C'est précisément là que se situe le principal problème du reportage, qui donne l'impression qu'il s'agit d'une pratique généralisée (on parle «des gens», ou «des Suisses», sans distinction). Le plus ironique, c'est que les deux personnes interrogées soulignent à plusieurs reprises les bienfaits de la baignade dans l'Aar – sans dire une seule fois qu'elles s'en servent pour penduler.
Bien sûr, les choses changent radicalement après le travail. «Enormément de personnes se ruent vers l'Aar en sortant du bureau, moi en premier», indique Michele. «Certains y vont même pendant la pause de midi, mais ce n'est pas un moyen pour rentrer directement à la maison», insiste-t-il. «La baignade dans l'Aar pendant la pause déjeuner, après le travail et pendant les loisirs est très répandue», rappelle également la ville.
«Grâce à sa situation particulière et à sa beauté, l'Aar bénéficie d'une grande attention, y compris sur les réseaux sociaux et à l'international», résume Manuela Angst.
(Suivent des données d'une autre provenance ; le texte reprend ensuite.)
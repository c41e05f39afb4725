-- ===== src/IteratorExamples.antt =====
-- The theorem on the iterators of the working tree at a concrete database.
use iavl.Prelude.{◌≡◌, refl, List, [], ◌∷◌, true, false, none, some, ok, ◌>>=◌, arith}
use iavl.Bytes.{Bytes}
use iavl.Bytes.Map.{load}
use iavl.Avl.{Entry}
use iavl.Avl.Sorted.{find, put}
use iavl.FastNode.{FastNode}
use iavl.MemDb.{new_batch_with_flusher}
use iavl.FastIterator.Reads.{HasFast}
use iavl.UnsavedFastIterator.{new_unsaved_fast_iterator}
use iavl.UnsavedFastIterator.Steps.{entries}
use iavl.UnsavedFastIterator.Ranges.{in_range}
use iavl.UnsavedFastIterator.Collected.{collect, collect-in_range}
use iavl.MutableTree.FastStorage.{overlay}
use iavl.StoreExamples.{sorted_tree}
use iavl.DatabaseExamples.{one, two, database, with_one, one-Fits}

with_one-HasFast : HasFast sorted_tree (database with_one) (one ∷ [])
unfolding put new_batch_with_flusher
with_one-HasFast = record { fit = (one-Fits, tt); stored = refl }

-- The first key is removed and the second one added.
abbrev working : List Entry
working = (2 ∷ [], 8 ∷ []) ∷ []

working-live :
    (k : Bytes)
    → find k working
      ≡ overlay
          (load k ((2 ∷ [], two) ∷ []))
          (load k ((1 ∷ [], true) ∷ []))
          (find k (entries (one ∷ [])))
unfolding load find
working-live k = ground arith

no_more : load {V = FastNode} (2 ∷ []) [] ≡ none
unfolding load
no_more = refl

collect-in_range_example :
    (new_unsaved_fast_iterator sorted_tree 3
        (database with_one)
        (some (1 ∷ []))
        none
        false
        ((2 ∷ [], two) ∷ [])
        ((1 ∷ [], true) ∷ [])
      >>= collect sorted_tree 3 3 (database with_one))
    ≡ ok (in_range (some (1 ∷ [])) none false working)
collect-in_range_example =
    collect-in_range sorted_tree (database with_one) ((2 ∷ [], two) ∷ []) ((1 ∷ [], true) ∷ [])
      (some (1 ∷ [])) none false (one ∷ []) working 3 with_one-HasFast (refl, no_more, tt) (tt, tt)
      working-live (omega arith)
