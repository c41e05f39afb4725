-- ===== src/PrefixFormatter/Laws.antt =====
-- keyformat/prefix_formatter.go: the formatter beside the key format of one segment.
use iavl.Prelude.{
  ℕ, suc, ◌-◌, ◌≡◌, ◌∙◌, refl, sym, ap, [], ◌∷◌, ◌++◌, length, take, replicate, ok, arith,
  append-nil, take-append,
}
use iavl.Bytes.{Bytes}
use iavl.KeyFormat.{KeyFormat, new_key_format, key_bytes}
use iavl.KeyFormat.Join.{joined}
use iavl.KeyFormat.RoundTrip.{key_bytes-joined}
use iavl.PrefixFormatter.{new_fast_prefix_formatter, format_key, scan_key}

whole : (bz : Bytes) → take (length bz) bz ++ replicate (length bz - length bz) 0 ≡ bz
whole bz =
    let none : length bz - length bz ≡ 0 = omega arith in
    let all : take (length bz) bz ≡ bz =
      ap (take (length bz)) (sym (append-nil bz)) ∙ take-append bz [] in
    rw (none, all) (append-nil bz)

-- For a segment of its length, the formatter makes the key that the key format with that one
-- segment makes, and reads the segment back from it.
pub format_key-key_bytes :
    (prefix l : ℕ) (kf : KeyFormat) (bz : Bytes)
    → new_key_format prefix (suc l ∷ []) ≡ ok kf
    → length bz ≡ suc l
    → (key_bytes kf (bz ∷ []) ≡ ok (format_key (new_fast_prefix_formatter prefix (suc l)) bz))
      × (scan_key
            (new_fast_prefix_formatter prefix (suc l))
            (format_key (new_fast_prefix_formatter prefix (suc l)) bz)
          ≡ ok bz)
unfolding format_key scan_key new_fast_prefix_formatter joined
format_key-key_bytes prefix l kf bz made e =
    let full : take (suc l) bz ++ replicate (suc l - length bz) 0 ≡ bz =
      ap (λ n. take n bz ++ replicate (n - length bz) 0) (sym e) ∙ whole bz in
    let none : suc l - length bz ≡ 0 = omega arith in
    (
      key_bytes-joined prefix (suc l ∷ []) kf (bz ∷ []) made (omega arith, tt)
          ∙ rw (full, none, append-nil bz) refl,
      ap ok full,
    )
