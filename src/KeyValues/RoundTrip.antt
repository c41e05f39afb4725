-- ===== src/KeyValues/RoundTrip.antt =====
-- keyformat/key_format.go: `Key` and `Scan` on values of the widths of a layout.
use iavl.Prelude.{ℕ, ◌<◌, ◌≡◌, List, [], ◌∷◌, length, ok}
use iavl.Prelude.Words.{two_64, two_32}
use iavl.Bytes.{Bytes}
use iavl.KeyFormat.{KeyFormat}
use iavl.KeyFormat.Join.{Fits}
use iavl.KeyFormat.RoundTrip.{padded}
use iavl.KeyValues.{
  Value, uint64, int64, uint32, int32, bytes, format, Target, to_int64, to_uint64, to_uint32,
  to_int32, to_bytes, scan, format_all, scan_all,
}

-- A value fills a segment of a width, and has the type of a pointer.
pub data FitsAs : ℕ → Value → Target → Type 0 where
  fits_int64 : (v : ℕ) → v < two_64 → FitsAs 8 (int64 v) to_int64
  fits_uint64 : (v : ℕ) → v < two_64 → FitsAs 8 (uint64 v) to_uint64
  fits_int32 : (v : ℕ) → v < two_32 → FitsAs 4 (int32 v) to_int32
  fits_uint32 : (v : ℕ) → v < two_32 → FitsAs 4 (uint32 v) to_uint32
  fits_bytes : (bz : Bytes) → 0 < length bz → FitsAs (length bz) (bytes bz) to_bytes

-- Values that fill the segments of a layout; the last one may be unbounded.
pub data AllFit : List ℕ → List Value → List Target → Type 0 where
  fit_none : AllFit [] [] []
  fit_unbounded : (bz : Bytes) → AllFit (0 ∷ []) (bytes bz ∷ []) (to_bytes ∷ [])
  fit_next :
      {l : ℕ} {v : Value} {t : Target} {ls : List ℕ} {vs : List Value} {ts : List Target}
      → FitsAs l v t
      → AllFit ls vs ts
      → AllFit (l ∷ ls) (v ∷ vs) (t ∷ ts)

record Formatted (l : ℕ) (v : Value) (t : Target) : Type 0 where
  pub segment : Bytes
  pub formatted : format v ≡ ok segment
  pub filled : length segment ≡ l
  pub wide : 0 < l
  pub scanned : scan t segment ≡ ok v

record Segments (ls : List ℕ) (vs : List Value) (ts : List Target) : Type 0 where
  pub segments : List Bytes
  pub formatted : format_all vs ≡ ok segments
  pub fits : Fits ls segments
  pub count : length segments ≡ length ls
  pub values : length vs ≡ length ls
  pub targets : length ts ≡ length ls
  pub same : padded ls segments ≡ segments
  pub scanned : scan_all ts segments ≡ ok vs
Elle ajoute:
La responsable de Bern Welcome déplore également que la question de la sécurité soit souvent négligée dans de tels contenus, malgré son importance. «Notre objectif est de sensibiliser les visiteurs à la fois à la beauté et aux dangers potentiels de l'Aar», ajoute-t-elle. Une campagne spécifique, appelée «aareyousafe.ch», est notamment consacrée à cet aspect.
Quoi qu'il en soit, les pendulaires-nageurs évoqués par CNN devront bientôt ranger leur maillot de bain: du 22 septembre au printemps prochain, la baignade et la navigation dans l'Aar ne seront plus possibles pour cause de travaux.